■ Task to carry out ■
Return all lines of the data in which the string "Payload" occurs.

[Stored data entries]
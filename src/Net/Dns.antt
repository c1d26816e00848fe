-- ===== src/Net/Dns.antt =====
-- net_stubs.c, DNS and WiFi.
pub mod Wait
pub mod Keeps
use pico_ocaml.Prelude.{
  ℕ, zero, suc, ◌+◌, Bool, true, false, Option, none, some, List, [], ◌∷◌, ◌==◌, if◌then◌else◌,
}
use pico_ocaml.Prelude.Int.{ℤ, pos}
use pico_ocaml.Queue.{EventType, Payload}
use pico_ocaml.Net.World.{World, Call}
use pico_ocaml.Net.State.{M, pure, ◌>>=◌, ◌>>◌, call, ask, enqueue, minus_one, eq_ℤ}
use pico_ocaml.Net.Socket.{net_init}

-- `addr` is the address that lwIP found, `none` for NULL.
pub dns_callback : Option ℕ → M (Unit {0})
dns_callback none n = some (tt, record n { dns_result_ip = 0; dns_done = true })
dns_callback (some ip) n = some (tt, record n { dns_result_ip = ip; dns_done = true })

-- What callbacks other than `dns_callback` do: none of them writes `dns_done` or `dns_result_ip`.
pub beside_dns : M (Unit {0}) → M (Unit {0})
beside_dns others n = elim (others n) [
  | none ↦ none
  | some (u, n') ↦ some (tt, record n' { dns_done = n.dns_done; dns_result_ip = n.dns_result_ip })
]

-- One `cyw43_arch_poll`, which runs all the callbacks of lwIP that are due: `others` is what
-- those other than `dns_callback` do, and `k` the polls that still pass before lwIP makes that.
pub poll_for : (k : ℕ) → Option ℕ → (others : M (Unit {0})) → M (Unit {0})
unfolding call dns_callback beside_dns
poll_for zero answer others = do call Call.arch_poll; beside_dns others; dns_callback answer
poll_for (suc k) answer others = do call Call.arch_poll; beside_dns others

abbrev pred_of : ℕ → ℕ
pred_of zero = zero
pred_of (suc k) = k

-- The other callbacks, a list with an entry for each poll; there are none after its end.
abbrev pub Others : Type 0
Others = List (M (Unit {0}))

abbrev pub first_others : Others → M (Unit {0})
first_others [] = pure tt
first_others (m ∷ ms) = m

abbrev pub later_others : Others → Others
later_others [] = []
later_others (m ∷ ms) = ms

-- `while (!dns_done) { cyw43_arch_poll(); sleep_ms(10); }`; `none` if the fuel runs out.
pub wait_dns : (fuel : ℕ) → ℕ → Option ℕ → Others → M (Unit {0})
unfolding poll_for call
wait_dns zero k answer others n = none
wait_dns (suc fuel) k answer others n = elim n.dns_done [
  | true ↦ some (tt, n)
  | false ↦
      (poll_for k answer (first_others others) >>= λ _.
      call (Call.sleep_ms 10) >>= λ _. wait_dns fuel (pred_of k) answer (later_others others))
        n
]

pub set_dns_done : Bool → M (Unit {0})
set_dns_done b n = some (tt, record n { dns_done = b })

pub read_dns_result : M ℕ
read_dns_result n = some (n.dns_result_ip, n)

-- The branch of `dns_resolve` that waits. The loop takes one round more than the polls before the
-- callback, and one to leave.
pub wait_for : ℕ → Option ℕ → Others → M (ℤ × Option ℕ)
unfolding wait_dns set_dns_done read_dns_result
wait_for polls answer others = do
  set_dns_done false
  wait_dns (polls + 2) polls answer others
  ip ← read_dns_result
  pure (if ip == 0 then (minus_one, none) else (pos 0, some ip))

-- The code, and what is written through `ip_out`.
pub dns_resolve : World → Others → (hostname : List ℕ) → M (ℤ × Option ℕ)
unfolding call ask wait_for
dns_resolve w others hostname = do
  call Call.lwip_begin
  r ← ask (Call.gethostbyname hostname) w.lookup_result
  call Call.lwip_end
  if eq_ℤ r.code w.err_ok
      then pure (pos 0, some r.cached)
      else if eq_ℤ r.code w.err_inprogress
      then wait_for r.polls r.answer others
      else pure (minus_one, none)

-- `others` is what the callbacks of lwIP do while the driver connects, which waits.
pub wifi_connect :
    World → (others : M (Unit {0})) → (ssid password : List ℕ) → (timeout_ms : ℕ) → M ℤ
unfolding net_init call ask enqueue
wifi_connect w others ssid password timeout_ms = do
  net_init
  call Call.enable_sta
  result ← ask (Call.wifi_connect ssid password timeout_ms) w.wifi_result
  others
  if eq_ℤ result (pos 0)
      then enqueue
          (record { kind = EventType.wifi_connected; socket_id = pos 0; u = Payload.zeroed })
      else pure tt
  pure result

pub wifi_disconnect : M (Unit {0})
unfolding call enqueue
wifi_disconnect = do
  call Call.disable_sta
  enqueue (record { kind = EventType.wifi_disconnected; socket_id = pos 0; u = Payload.zeroed })

-- `cyw43_wifi_link_status(…) == CYW43_LINK_JOIN`
pub wifi_is_connected : World → M Bool
unfolding ask
wifi_is_connected w = ask Call.link_status w.link_joined

pub wifi_get_ip : World → M ℕ
unfolding wifi_is_connected
wifi_get_ip w = do
  joined ← wifi_is_connected w
  if joined then (λ n. some (w.netif_address n.trace, n)) else pure 0

unfoldable pub net_poll : M (Unit {0})
unfolding call
net_poll = call Call.arch_poll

■ Written answer ■
use pico_ocaml.Queue.{EventType, Payload}
          (record { kind = EventType.wifi_connected; socket_id = pos 0; u = Payload.zeroed })
  enqueue (record { kind = EventType.wifi_disconnected; socket_id = pos 0; u = Payload.zeroed })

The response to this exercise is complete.